-- ===== src/FileTree/Merge.antt =====
-- `Merge` of pkg/filetree/filetree.go and pkg/filetree/union_filetree.go: the upper tree is walked, and each
-- of its nodes is grafted into the lower one.
use stereoscope.Errors.{Result, ok, err, ◌>>=◌, Act, after, no_parent}
use stereoscope.File.Kinds.{directory, type_eq}
use stereoscope.File.Paths.{
  FilePath, opaque_whiteout, is_whiteout, is_dir_whiteout, un_whiteout_path,
}
use stereoscope.FileTree.Edit.{
  Files, new_file_tree, copy_file_tree, keep_tree, set_file_node, add_parent_paths, remove_path,
  remove_child_paths,
}
use stereoscope.FileTree.Lookup.{has_path}
use stereoscope.FileTree.Nodes.{FileNode, file_node_as_node, file_node}
use stereoscope.FileTree.Resolve.{plain}
use stereoscope.Go.Paths.{join_path}
use stereoscope.Tree.{Tree, roots}
use stereoscope.Tree.Sizes.{total, weight}
use stereoscope.Tree.Walk.{WalkConditions, new_walker, walk_all}
use stereoscope.Prelude.{
  ℕ, List, [], ◌∷◌, ◌++◌, Option, none, some, Bool, false, not, ◌&&◌, byte_string_eq, if◌then◌else◌,
}

-- `hasOpaqueDirectory`
unfoldable pub has_opaque_directory : Tree FileNode → FilePath → Bool
has_opaque_directory t p = has_path t (join_path p opaque_whiteout) []

-- The conditions of the walk: not below a whiteout, and not at an opaque one.
unfoldable pub merge_conditions : WalkConditions FileNode
merge_conditions = record {
  should_terminate = none;
  should_visit = some (λ n. not (is_dir_whiteout n.real_path));
  should_continue_branch = some (λ n. not (is_whiteout n.real_path));
}

-- The copy of the upper node: the lower reference serves where the upper node has none and is of the
-- same kind.
unfoldable pub merged_node : Option FileNode → FileNode → FileNode
merged_node none upper = upper
merged_node (some lower) upper = elim lower.reference [
  | none ↦ upper
  | some r ↦ elim upper.reference [
    | some u ↦ upper
    | none ↦
        if type_eq upper.file_type lower.file_type
        then record upper { reference = some r }
        else upper
  ]
]

-- A directory that makes way for a node of another kind.
unfoldable pub replaces_directory : Option FileNode → FileNode → Bool
replaces_directory none upper = false
replaces_directory (some lower) upper =
    not (type_eq upper.file_type directory) && type_eq lower.file_type directory

-- The parents of a path that the lower tree does not have.
unfoldable pub prepare : Option FileNode → FileNode → Act Files (Unit {0})
prepare none upper s = add_parent_paths upper.real_path s
prepare (some lower) upper s = (ok tt, s)

unfoldable pub clear_directory : Option FileNode → FileNode → Unit {0} → Act Files (Unit {0})
unfolding replaces_directory
clear_directory lower upper _ s =
    if replaces_directory lower upper then remove_child_paths upper.real_path s else (ok tt, s)

-- The visitor behind its first two steps: the node is grafted at its path.
unfoldable pub graft : FileNode → Act Files (Unit {0})
graft upper s =
    let lower = file_node (plain s.tree upper.real_path) in
    after (after (prepare lower upper s) (clear_directory lower upper))
      (λ u s'. keep_tree s' (set_file_node (merged_node lower upper) s'.tree))

-- A whiteout removes the path that it names.
unfoldable pub white_out : FileNode → Act Files (Unit {0})
white_out upper s = elim (un_whiteout_path upper.real_path) [
  | none ↦ (err (no_parent upper.real_path), s)
  | some p ↦ remove_path p s
]

-- The visitor of `Merge`.
unfoldable pub merge_visitor : Tree FileNode → FileNode → Act Files (Unit {0})
merge_visitor upper_tree upper s =
    let opened : Result (Unit {0}) × Files =
      if has_opaque_directory upper_tree upper.real_path
      then remove_child_paths upper.real_path s
      else (ok tt, s) in
    after opened
      (λ _ s1. if is_whiteout upper.real_path then white_out upper s1 else graft upper s1)

-- Fuel for the walk over the upper tree: the nodes at and below its roots.
unfoldable pub merge_fuel : Tree FileNode → ℕ
unfolding total weight
merge_fuel t = total (weight t) (roots t)

-- `Merge`
unfoldable pub merge : Tree FileNode → Act Files (Unit {0})
merge upper s =
    let (r, w) =
      walk_all upper (merge_visitor upper) merge_conditions (merge_fuel upper) (new_walker s) in
    (r, w.state)

unfoldable pub merge_all : List (Tree FileNode) → Act Files (Unit {0})
merge_all [] s = (ok tt, s)
merge_all (t ∷ ts) s = after (merge t s) (λ _. merge_all ts)

-- `Squash` of `UnionFileTree`, over the trees that were pushed, the lowest first.
unfoldable pub squash : List (Tree FileNode) → ℕ → Result (Tree FileNode) × ℕ
unfolding merge_all
squash [] next_id = (ok new_file_tree, next_id)
squash (t ∷ ts) next_id =
    let (r, s) = merge_all ts (record { tree = copy_file_tree t; next_id = next_id }) in
    (r >>= λ _. ok s.tree, s.next_id)

-- `PushTree`
unfoldable pub push_tree : Tree FileNode → List (Tree FileNode) → List (Tree FileNode)
push_tree t trees = trees ++ t ∷ []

^^^^^^^^

Lines of the material may hold the string "record". Copy each one that does.

merge_conditions = record {
        then record upper { reference = some r }
    let (r, s) = merge_all ts (record { tree = copy_file_tree t; next_id = next_id }) in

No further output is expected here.